**WHAT YOU SHOULD DO:**
If a line in the records below includes the word "drop", count it, then give the total and nothing else.

**GIVEN DATA:**
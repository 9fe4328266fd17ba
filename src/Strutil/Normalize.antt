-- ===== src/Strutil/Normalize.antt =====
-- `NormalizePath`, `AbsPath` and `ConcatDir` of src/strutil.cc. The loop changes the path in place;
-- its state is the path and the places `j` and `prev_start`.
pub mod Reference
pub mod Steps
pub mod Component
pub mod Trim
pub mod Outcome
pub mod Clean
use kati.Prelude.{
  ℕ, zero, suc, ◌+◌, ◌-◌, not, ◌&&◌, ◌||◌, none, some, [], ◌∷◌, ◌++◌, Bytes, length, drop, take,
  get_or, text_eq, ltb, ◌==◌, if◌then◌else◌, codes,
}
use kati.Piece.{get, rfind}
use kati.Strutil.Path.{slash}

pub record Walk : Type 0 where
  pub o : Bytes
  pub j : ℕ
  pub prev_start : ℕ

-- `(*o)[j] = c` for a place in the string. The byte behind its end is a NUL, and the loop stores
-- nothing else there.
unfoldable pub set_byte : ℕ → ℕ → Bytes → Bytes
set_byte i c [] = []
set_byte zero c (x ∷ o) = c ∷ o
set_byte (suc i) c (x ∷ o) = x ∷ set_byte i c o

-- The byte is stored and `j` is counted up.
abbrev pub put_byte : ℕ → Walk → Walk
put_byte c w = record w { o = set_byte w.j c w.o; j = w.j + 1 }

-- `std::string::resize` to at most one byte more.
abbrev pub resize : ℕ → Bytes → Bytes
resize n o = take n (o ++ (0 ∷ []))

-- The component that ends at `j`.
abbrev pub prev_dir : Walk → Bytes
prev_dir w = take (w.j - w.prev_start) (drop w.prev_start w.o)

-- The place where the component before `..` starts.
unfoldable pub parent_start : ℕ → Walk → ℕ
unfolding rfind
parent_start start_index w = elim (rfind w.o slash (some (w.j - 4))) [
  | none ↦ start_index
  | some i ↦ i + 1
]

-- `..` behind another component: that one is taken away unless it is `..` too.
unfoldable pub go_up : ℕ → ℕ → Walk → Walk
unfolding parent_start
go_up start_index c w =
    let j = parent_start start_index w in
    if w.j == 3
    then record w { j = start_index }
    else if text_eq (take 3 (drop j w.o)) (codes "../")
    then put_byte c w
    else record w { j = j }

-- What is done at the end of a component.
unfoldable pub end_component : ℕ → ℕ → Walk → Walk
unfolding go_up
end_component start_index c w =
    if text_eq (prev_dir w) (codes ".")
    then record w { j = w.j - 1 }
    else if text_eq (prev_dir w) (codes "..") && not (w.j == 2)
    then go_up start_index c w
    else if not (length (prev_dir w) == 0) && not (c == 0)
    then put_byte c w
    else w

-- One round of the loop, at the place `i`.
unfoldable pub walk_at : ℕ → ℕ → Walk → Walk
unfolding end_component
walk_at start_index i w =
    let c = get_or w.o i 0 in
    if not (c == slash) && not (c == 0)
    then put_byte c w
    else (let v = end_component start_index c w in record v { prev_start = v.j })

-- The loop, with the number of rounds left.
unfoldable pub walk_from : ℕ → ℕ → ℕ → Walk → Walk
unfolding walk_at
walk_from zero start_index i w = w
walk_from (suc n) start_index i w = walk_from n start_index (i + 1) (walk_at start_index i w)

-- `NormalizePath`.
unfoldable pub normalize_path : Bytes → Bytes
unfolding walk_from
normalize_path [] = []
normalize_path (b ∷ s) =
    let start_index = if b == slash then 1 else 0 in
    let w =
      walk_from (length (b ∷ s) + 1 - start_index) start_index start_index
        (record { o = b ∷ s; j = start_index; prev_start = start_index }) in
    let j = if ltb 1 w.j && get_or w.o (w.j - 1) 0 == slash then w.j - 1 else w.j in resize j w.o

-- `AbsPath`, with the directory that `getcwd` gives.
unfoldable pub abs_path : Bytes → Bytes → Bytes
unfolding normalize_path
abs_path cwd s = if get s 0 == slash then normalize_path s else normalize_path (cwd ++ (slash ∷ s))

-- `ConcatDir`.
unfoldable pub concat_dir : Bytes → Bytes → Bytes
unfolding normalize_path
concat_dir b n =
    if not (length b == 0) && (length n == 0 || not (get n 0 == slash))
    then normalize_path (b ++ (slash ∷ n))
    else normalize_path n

**EXERCISE RESULT:**
3